→ WHAT THE EXERCISE ASKS:
Scan the records for the string "floating" and copy every line that holds it.

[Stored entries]
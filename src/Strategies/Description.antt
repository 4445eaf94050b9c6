-- ===== src/Strategies/Description.antt =====
-- The descriptions of the strategies in src/strategies/MultiPhaseStrategy.cpp,
-- src/strategies/WallboxStrategy.cpp and src/rules/RuleActuationStrategy.cpp, as the members of a JSON
-- object.
use Prim.Native.String.{String}
use iotic.Prelude.{pos, Bool, Option, none, some, List, [], ◌∷◌, map}
use iotic.Strategies.MultiPhase.{MultiPhase}
use iotic.Strategies.RuleActuation.{RuleActuation}
use iotic.Strategies.Wallbox.{DoubleOps, Wallbox, ThingStatus, power_controlled}
use iotic.Things.ThingValue.{Json, scalar, array, boolean, integer, floating, text, opaque}

unfoldable pub multi_phase_json : MultiPhase → List (String × Json)
multi_phase_json s =
    ("thingId", scalar (text s.thing_id))
    ∷ ("type", scalar (text "ThreePhaseStrategy"))
    ∷ ("priority", scalar (integer s.priority))
    ∷ ("powerThresholds", array (map integer s.power_thresholds))
    ∷ []

-- A measured power is known by what it is cut to, like any number that is not an integer; the name of a
-- status is the enum library's.
unfoldable pub wallbox_json :
    (ThingStatus → String) → (ops : DoubleOps) → (s : Wallbox ops) → List (String × Json)
wallbox_json status_name ops s =
    ("thingId", scalar (text s.thing_id))
    ∷ ("type", scalar (text "WallboxStrategy"))
    ∷ ("priority", scalar (integer s.priority))
    ∷ ("phases", scalar (integer (pos s.phases)))
    ∷ ("nextPhases", scalar (integer (pos s.next_phases)))
    ∷ ("powerControlled", scalar (integer (power_controlled ops s)))
    ∷ ("powerMeasured", scalar (floating (ops.to_int s.power_measured)))
    ∷ ("powerOffset", scalar (integer s.power_offset))
    ∷ ("voltages", array (integer s.voltage_1 ∷ integer s.voltage_2 ∷ integer s.voltage_3 ∷ []))
    ∷ ("lastMeasurementTs", scalar (integer (pos s.last_measurement_ts)))
    ∷ ("onePhaseHysteresis", scalar (integer s.one_phase_hysteresis))
    ∷ ("threePhaseHysteresis", scalar (integer s.three_phase_hysteresis))
    ∷ ("status", scalar (text (status_name s.status)))
    ∷ []

-- An empty value is null.
abbrev state_json : Option Bool → Json
state_json none = scalar opaque
state_json (some b) = scalar (boolean b)

unfoldable pub rule_actuation_json :
    {Expression : Type 0} → RuleActuation Expression → List (String × Json)
rule_actuation_json s =
    ("thingId", scalar (text s.thing_id))
    ∷ ("type", scalar (text "RuleActuationStrategy"))
    ∷ ("priority", scalar (integer s.priority))
    ∷ ("state", state_json s.state)
    ∷ ("nextState", state_json s.next_state)
    ∷ []
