-- ===== src/Things.antt =====
-- src/things: the things.
pub mod ThingValue
pub mod ThingInfo
pub mod ThingDiscovery
pub mod Shelly
pub mod ThingsManager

→ ANSWER SECTION:
use iotic.Things.ThingValue.{Json, scalar, array, boolean, integer, floating, text, opaque}
    ∷ ("powerMeasured", scalar (floating (ops.to_int s.power_measured)))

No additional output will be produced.